No reference herein to the Indenture and no provision of this Security or of the Indenture shall alter or impair the obligation of the Company, which is absolute and unconditional, to pay the principal of and any premium and interest on this Security at the times, place and rate, and in the coin or currency, herein prescribed.
As provided in the Indenture and subject to certain limitations therein set forth, the transfer of this Security is registrable in the Security Register, upon surrender of this Security for registration of transfer at the office or agency of the Company in any place where the principal of and any premium and interest on this Security are payable, duly endorsed by, or accompanied by a written instrument of transfer in form satisfactory to the Company and the Security Registrar duly executed by, the Holder hereof or his attorney duly authorized in writing, and thereupon one or more new Securities of this series and of like tenor, of authorized denominations and for the same aggregate principal amount, will be issued to the designated transferee or transferees.
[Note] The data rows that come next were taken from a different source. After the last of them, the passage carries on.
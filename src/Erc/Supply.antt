-- ===== src/Erc/Supply.antt =====
-- src/ipc_lib.rs: the sum of the balances of a token over the subnets, and what transfers do to it.
use bitcoin_ipc.Prelude.{
  ℕ, ◌+◌, ◌-◌, ◌≤◌, ◌≡◌, refl, ◌∙◌, false, ◌&&◌, List, [], ◌∷◌, arith, sum, count, le-sum,
  sum-update_once, sum-congr, All, ◌==◌, Bool-cases, inl, inr,
}
use bitcoin_ipc.Result.{ok, >>=-eq-ok}
use bitcoin_ipc.Types.{SubnetId, EthAddress}
use bitcoin_ipc.Records.{IpcCrossSubnetErcTransfer, erc_transfer}
use bitcoin_ipc.Db.{Db, get_token_balance, set_token_balance}
use bitcoin_ipc.Erc.{u256_max}
use bitcoin_ipc.Erc.Apply.{BlockStamp, send, move_tokens, apply_transfer, apply_transfers, credited}
use bitcoin_ipc.Erc.Ledger.{get-set_token_balance, get_token_balance-send}

-- The tokens that a list of subnets holds between them.
unfoldable pub supply : List SubnetId → Db → SubnetId → EthAddress → ℕ
supply holders db home token = sum (λ holder. get_token_balance db home token holder) holders

credited_fits : (a b : ℕ) → a + b ≤ u256_max → credited a b ≡ a + b
unfolding credited
credited_fits a b h = ground arith

module _ (holders : List SubnetId) where
  supply-set :
      (db : Db) (home : SubnetId) (token : EthAddress) (holder : SubnetId) (v : ℕ)
      → count holder holders ≡ 1
      → supply holders (set_token_balance db home token holder v) home token
          + get_token_balance db home token holder
        ≡ supply holders db home token + v
  unfolding supply
  supply-set db home token holder v once =
      sum-update_once (λ j. get_token_balance db home token j)
        (λ j. get_token_balance (set_token_balance db home token holder v) home token j) holder v
        holders (λ j. ground (arith, get-set_token_balance home token j db home token holder v))
        once

  -- Another token's balances are not summed.
  supply-set_ne :
      (db : Db) (home home' : SubnetId) (token token' : EthAddress) (holder : SubnetId) (v : ℕ)
      → (home' == home && token' == token) ≡ false
      → supply holders (set_token_balance db home' token' holder v) home token
        ≡ supply holders db home token
  unfolding supply
  supply-set_ne db home home' token token' holder v ne =
      sum-congr _ _ holders
        (λ j. ground (arith, get-set_token_balance home token j db home' token' holder v))

  supply-send :
      (db : Db) (id : SubnetId) (etx : IpcCrossSubnetErcTransfer) (b : BlockStamp) (home : SubnetId)
      (token : EthAddress)
      → supply holders (send db id (erc_transfer etx) b) home token ≡ supply holders db home token
  unfolding supply
  supply-send db id etx b home token =
      sum-congr _ _ holders (λ j. get_token_balance-send home token j db id (erc_transfer etx) b)

  le-supply :
      (db : Db) (home : SubnetId) (token : EthAddress) (holder : SubnetId)
      → count holder holders ≡ 1
      → get_token_balance db home token holder ≤ supply holders db home token
  unfolding supply
  le-supply db home token holder once =
      le-sum (λ j. get_token_balance db home token j) holder holders once

  module _ (source : SubnetId) (once : count source holders ≡ 1) where
    -- The token that is moved: what the source loses the destination gains.
    supply-move_self :
        (etx : IpcCrossSubnetErcTransfer) (db : Db)
        → count etx.destination_subnet_id holders ≡ 1
        → etx.amount ≤ get_token_balance db etx.home_subnet_id etx.home_token_address source
        → supply holders db etx.home_subnet_id etx.home_token_address ≤ u256_max
        → supply holders (move_tokens source etx db) etx.home_subnet_id etx.home_token_address
          ≡ supply holders db etx.home_subnet_id etx.home_token_address
    unfolding move_tokens
    supply-move_self etx db once' enough fits =
        let home = etx.home_subnet_id in
        let token = etx.home_token_address in
        let dest = etx.destination_subnet_id in
        let old = get_token_balance db home token source in
        let debited = set_token_balance db home token source (old - etx.amount) in
        let kept = get_token_balance debited home token dest in
        omega (
          arith,
          supply-set db home token source (old - etx.amount) once,
          le-supply debited home token dest once',
          credited_fits kept etx.amount,
          supply-set debited home token dest (credited kept etx.amount) once',
        )

    supply-move_ne :
        (etx : IpcCrossSubnetErcTransfer) (db : Db) (home : SubnetId) (token : EthAddress)
        → (etx.home_subnet_id == home && etx.home_token_address == token) ≡ false
        → supply holders (move_tokens source etx db) home token ≡ supply holders db home token
    unfolding move_tokens
    supply-move_ne etx db home token ne =
        supply-set_ne _ home etx.home_subnet_id token etx.home_token_address
          etx.destination_subnet_id _ ne
        ∙ supply-set_ne db home etx.home_subnet_id token etx.home_token_address source _ ne

    -- `home` and `token` name any token, moved or not.
    supply-apply_transfer :
        (b : BlockStamp) (etx : IpcCrossSubnetErcTransfer) (db db' : Db) (home : SubnetId)
        (token : EthAddress)
        → count etx.destination_subnet_id holders ≡ 1
        → supply holders db etx.home_subnet_id etx.home_token_address ≤ u256_max
        → apply_transfer source b etx db ≡ ok db'
        → supply holders db' home token ≡ supply holders db home token
    unfolding apply_transfer
    supply-apply_transfer b etx db db' home token once' fits e =
        elim (Bool-cases (etx.home_subnet_id == home && etx.home_token_address == token)) [
          | inr ne ↦ ground (
            arith,
            supply-send (move_tokens source etx db) etx.destination_subnet_id etx b home token,
            supply-move_ne etx db home token ne,
          )
          | inl same ↦ ground (
            arith,
            supply-send (move_tokens source etx db) etx.destination_subnet_id etx b home token,
            supply-move_self etx db once',
          )
        ]

    -- The transfers of a batch leave every token's supply as it was: `home` and `token` name any
    -- token, `holders` lists the source and every destination once, and no supply exceeds a
    -- `U256` beforehand, so that no credit is clamped.
    pub supply-apply_transfers :
        (b : BlockStamp) (etxs : List IpcCrossSubnetErcTransfer) (db db' : Db)
        → All
            (λ (etx : IpcCrossSubnetErcTransfer). count etx.destination_subnet_id holders ≡ 1)
            etxs
        → ((home : SubnetId) (token : EthAddress) → supply holders db home token ≤ u256_max)
        → apply_transfers source b etxs db ≡ ok db'
        → (home : SubnetId) (token : EthAddress)
        → supply holders db' home token ≡ supply holders db home token
    unfolding apply_transfers
    supply-apply_transfers b [] db db' dests fits e home token =
        let same : db ≡ db' = cc in rw (← same) refl
    supply-apply_transfers b (etx ∷ rest) db db' dests fits e home token =
        let (db₁, first, others) = >>=-eq-ok (apply_transfer source b etx db) _ e in
        let step = λ (h : SubnetId) (t : EthAddress).
          supply-apply_transfer b etx db db₁ h t dests.0
            (fits etx.home_subnet_id etx.home_token_address) first in
        supply-apply_transfers b rest db₁ db' dests.1 (λ h t. rw (step h t) (fits h t)) others home
          token
        ∙ step home token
The Securities of this series are issuable only in registered form without coupons in denominations of $25 and any integral multiples of $25 in excess thereof. As provided in the Indenture and subject to certain limitations therein set forth, Securities of this series are exchangeable for a like aggregate principal amount of Securities of this series and of like tenor of a different authorized denomination, as requested by the Holder surrendering the same.
No service charge shall be made for any such registration of transfer or exchange, but the Company or Trustee may require payment of a sum sufficient to cover any tax or other governmental charge payable in connection therewith.
Prior to due presentment of this Security for registration of transfer, the Company, the Trustee and any agent of the Company or the Trustee may treat the Person in whose name this Security is registered as the owner hereof for all purposes, whether or not this Security be overdue, and neither the Company, the Trustee nor any such agent shall be affected by notice to the contrary.
All terms used in this Security which are defined in the Indenture shall have the meanings assigned to them in the Indenture.
The Indenture and this Security shall be governed by and construed in accordance with the laws of the State of New York, without regard to principles of conflicts of laws.